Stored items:

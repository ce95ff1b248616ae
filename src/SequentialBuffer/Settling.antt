-- ===== src/SequentialBuffer/Settling.antt =====
-- What `if (has_overflown_pointer()) move_data_to_header();` leaves.
use cpp_assistant.Prelude.{
  ℕ, zero, suc, ◌≤◌, ◌<◌, ◌≡◌, refl, Option, some, List, length, ℤ, pos, negsuc, arith, true, false,
  ap, Bool-cases, inl, inr,
}
use cpp_assistant.SequentialBuffer.{
  SequentialBuffer, overflow_pos, header_if, has_overflown_pointer,
}
use cpp_assistant.SequentialBuffer.Layout.{held, Positions, contents_of, length-contents_of}
use cpp_assistant.SequentialBuffer.Moving.{Packed, move_data_to_header-Moved}

-- The positions when neither is at or past the end, or the block is full from its start.
abbrev pub Settled : ℕ → ℕ → ℤ → Type 0
Settled n a (pos b) = (a ≤ b) × (b < n)
Settled n a (negsuc zero) = (a ≡ 0) × (0 < n)
Settled n a (negsuc (suc k)) = ⊥

abbrev pub Settles : List ℕ → ℤ → ℤ → Option SequentialBuffer → Type 0
Settles mem r w out =
    (mem' : List ℕ) × (a : ℕ) × (w' : ℤ) × (out ≡ some (held mem' (pos a) w'))
    × (length mem' ≡ length mem)
    × Settled (length mem) a w'
    × (contents_of mem' (pos a) w' ≡ contents_of mem r w)

Settled-of_Packed : (n : ℕ) (w : ℤ) → Packed n w → Settled n 0 w
Settled-of_Packed n (pos b) p = omega arith
Settled-of_Packed n (negsuc zero) p = omega arith
Settled-of_Packed n (negsuc (suc k)) p = absurd p

settled_by_move :
    (mem : List ℕ) (r w : ℤ)
    → Positions (length mem) r w
    → Settles mem r w (header_if true (held mem r w))
settled_by_move mem r w p =
    let (k, m, v, eo, el, packed, ec) = move_data_to_header-Moved mem r w p in
    (m, 0, v, rw eo, el, Settled-of_Packed (length mem) v packed, ec)

-- The two positions that need no move are both indices below the size.
no_overflow :
    (mem : List ℕ) (r w : ℤ)
    → Positions (length mem) r w
    → has_overflown_pointer (held mem r w) ≡ false
    → Settles mem r w (some (held mem r w))
unfolding has_overflown_pointer
no_overflow mem (pos a) (pos b) p h = (mem, a, pos b, refl, refl, ground arith, refl)
no_overflow mem (pos a) (negsuc zero) p h = absurd (ground arith)
no_overflow mem (negsuc zero) w p h = absurd (ground arith)
no_overflow mem (pos a) (negsuc (suc k)) p h = absurd p
no_overflow mem (negsuc (suc k)) w p h = absurd p

pub settles :
    (mem : List ℕ) (r w : ℤ)
    → Positions (length mem) r w
    → Settles mem r w (header_if (has_overflown_pointer (held mem r w)) (held mem r w))
settles mem r w p = elim (Bool-cases (has_overflown_pointer (held mem r w))) [
  | inl e ↦ rw e (settled_by_move mem r w p)
  | inr e ↦ rw e (no_overflow mem r w p e)
]

-- A buffer that is not full: the bytes between two indices below the size.
abbrev pub Roomy : List ℕ → ℤ → ℤ → Option SequentialBuffer → Type 0
Roomy mem r w out =
    (mem' : List ℕ) × (a : ℕ) × (b : ℕ) × (out ≡ some (held mem' (pos a) (pos b)))
    × (length mem' ≡ length mem)
    × (a ≤ b)
    × (b < length mem)
    × (contents_of mem' (pos a) (pos b) ≡ contents_of mem r w)

pub settles-Roomy :
    (mem : List ℕ) (r w : ℤ)
    → Positions (length mem) r w
    → length (contents_of mem r w) < length mem
    → Roomy mem r w (header_if (has_overflown_pointer (held mem r w)) (held mem r w))
settles-Roomy mem r w p lt = go (settles mem r w p)
  where
    go :
        Settles mem r w (header_if (has_overflown_pointer (held mem r w)) (held mem r w))
        → Roomy mem r w (header_if (has_overflown_pointer (held mem r w)) (held mem r w))
    go (m, a, pos b, eo, el, st, ec) = (m, a, b, eo, el, st.0, st.1, ec)
    go (m, a, negsuc zero, eo, el, st, ec) =
        absurd
          (omega (arith, ap length ec, length-contents_of m (pos a) overflow_pos (omega arith)))
    go (m, a, negsuc (suc k), eo, el, st, ec) = absurd st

= Work request =
Copy each line of the data exactly, please.

= Output for this task =
repository ce95ff1b248616ae
filename src/SequentialBuffer/Settling.antt
-- ===== src/SequentialBuffer/Settling.antt =====
-- What `if (has_overflown_pointer()) move_data_to_header();` leaves.
use cpp_assistant.Prelude.{
  ℕ, zero, suc, ◌≤◌, ◌<◌, ◌≡◌, refl, Option, some, List, length, ℤ, pos, negsuc, arith, true, false,
  ap, Bool-cases, inl, inr,
}
use cpp_assistant.SequentialBuffer.{
  SequentialBuffer, overflow_pos, header_if, has_overflown_pointer,
}
use cpp_assistant.SequentialBuffer.Layout.{held, Positions, contents_of, length-contents_of}
use cpp_assistant.SequentialBuffer.Moving.{Packed, move_data_to_header-Moved}

-- The positions when neither is at or past the end, or the block is full from its start.
abbrev pub Settled : ℕ → ℕ → ℤ → Type 0
Settled n a (pos b) = (a ≤ b) × (b < n)
Settled n a (negsuc zero) = (a ≡ 0) × (0 < n)
Settled n a (negsuc (suc k)) = ⊥

abbrev pub Settles : List ℕ → ℤ → ℤ → Option SequentialBuffer → Type 0
Settles mem r w out =
    (mem' : List ℕ) × (a : ℕ) × (w' : ℤ) × (out ≡ some (held mem' (pos a) w'))
    × (length mem' ≡ length mem)
    × Settled (length mem) a w'
    × (contents_of mem' (pos a) w' ≡ contents_of mem r w)

Settled-of_Packed : (n : ℕ) (w : ℤ) → Packed n w → Settled n 0 w
Settled-of_Packed n (pos b) p = omega arith
Settled-of_Packed n (negsuc zero) p = omega arith
Settled-of_Packed n (negsuc (suc k)) p = absurd p

settled_by_move :
    (mem : List ℕ) (r w : ℤ)
    → Positions (length mem) r w
    → Settles mem r w (header_if true (held mem r w))
settled_by_move mem r w p =
    let (k, m, v, eo, el, packed, ec) = move_data_to_header-Moved mem r w p in
    (m, 0, v, rw eo, el, Settled-of_Packed (length mem) v packed, ec)

-- The two positions that need no move are both indices below the size.
no_overflow :
    (mem : List ℕ) (r w : ℤ)
    → Positions (length mem) r w
    → has_overflown_pointer (held mem r w) ≡ false
    → Settles mem r w (some (held mem r w))
unfolding has_overflown_pointer
no_overflow mem (pos a) (pos b) p h = (mem, a, pos b, refl, refl, ground arith, refl)
no_overflow mem (pos a) (negsuc zero) p h = absurd (ground arith)
no_overflow mem (negsuc zero) w p h = absurd (ground arith)
no_overflow mem (pos a) (negsuc (suc k)) p h = absurd p
no_overflow mem (negsuc (suc k)) w p h = absurd p

pub settles :
    (mem : List ℕ) (r w : ℤ)
    → Positions (length mem) r w
    → Settles mem r w (header_if (has_overflown_pointer (held mem r w)) (held mem r w))
settles mem r w p = elim (Bool-cases (has_overflown_pointer (held mem r w))) [
  | inl e ↦ rw e (settled_by_move mem r w p)
  | inr e ↦ rw e (no_overflow mem r w p e)
]

-- A buffer that is not full: the bytes between two indices below the size.
abbrev pub Roomy : List ℕ → ℤ → ℤ → Option SequentialBuffer → Type 0
Roomy mem r w out =
    (mem' : List ℕ) × (a : ℕ) × (b : ℕ) × (out ≡ some (held mem' (pos a) (pos b)))
    × (length mem' ≡ length mem)
    × (a ≤ b)
    × (b < length mem)
    × (contents_of mem' (pos a) (pos b) ≡ contents_of mem r w)

pub settles-Roomy :
    (mem : List ℕ) (r w : ℤ)
    → Positions (length mem) r w
    → length (contents_of mem r w) < length mem
    → Roomy mem r w (header_if (has_overflown_pointer (held mem r w)) (held mem r w))
settles-Roomy mem r w p lt = go (settles mem r w p)
  where
    go :
        Settles mem r w (header_if (has_overflown_pointer (held mem r w)) (held mem r w))
        → Roomy mem r w (header_if (has_overflown_pointer (held mem r w)) (held mem r w))
    go (m, a, pos b, eo, el, st, ec) = (m, a, b, eo, el, st.0, st.1, ec)
    go (m, a, negsuc zero, eo, el, st, ec) =
        absurd
          (omega (arith, ap length ec, length-contents_of m (pos a) overflow_pos (omega arith)))
    go (m, a, negsuc (suc k), eo, el, st, ec) = absurd st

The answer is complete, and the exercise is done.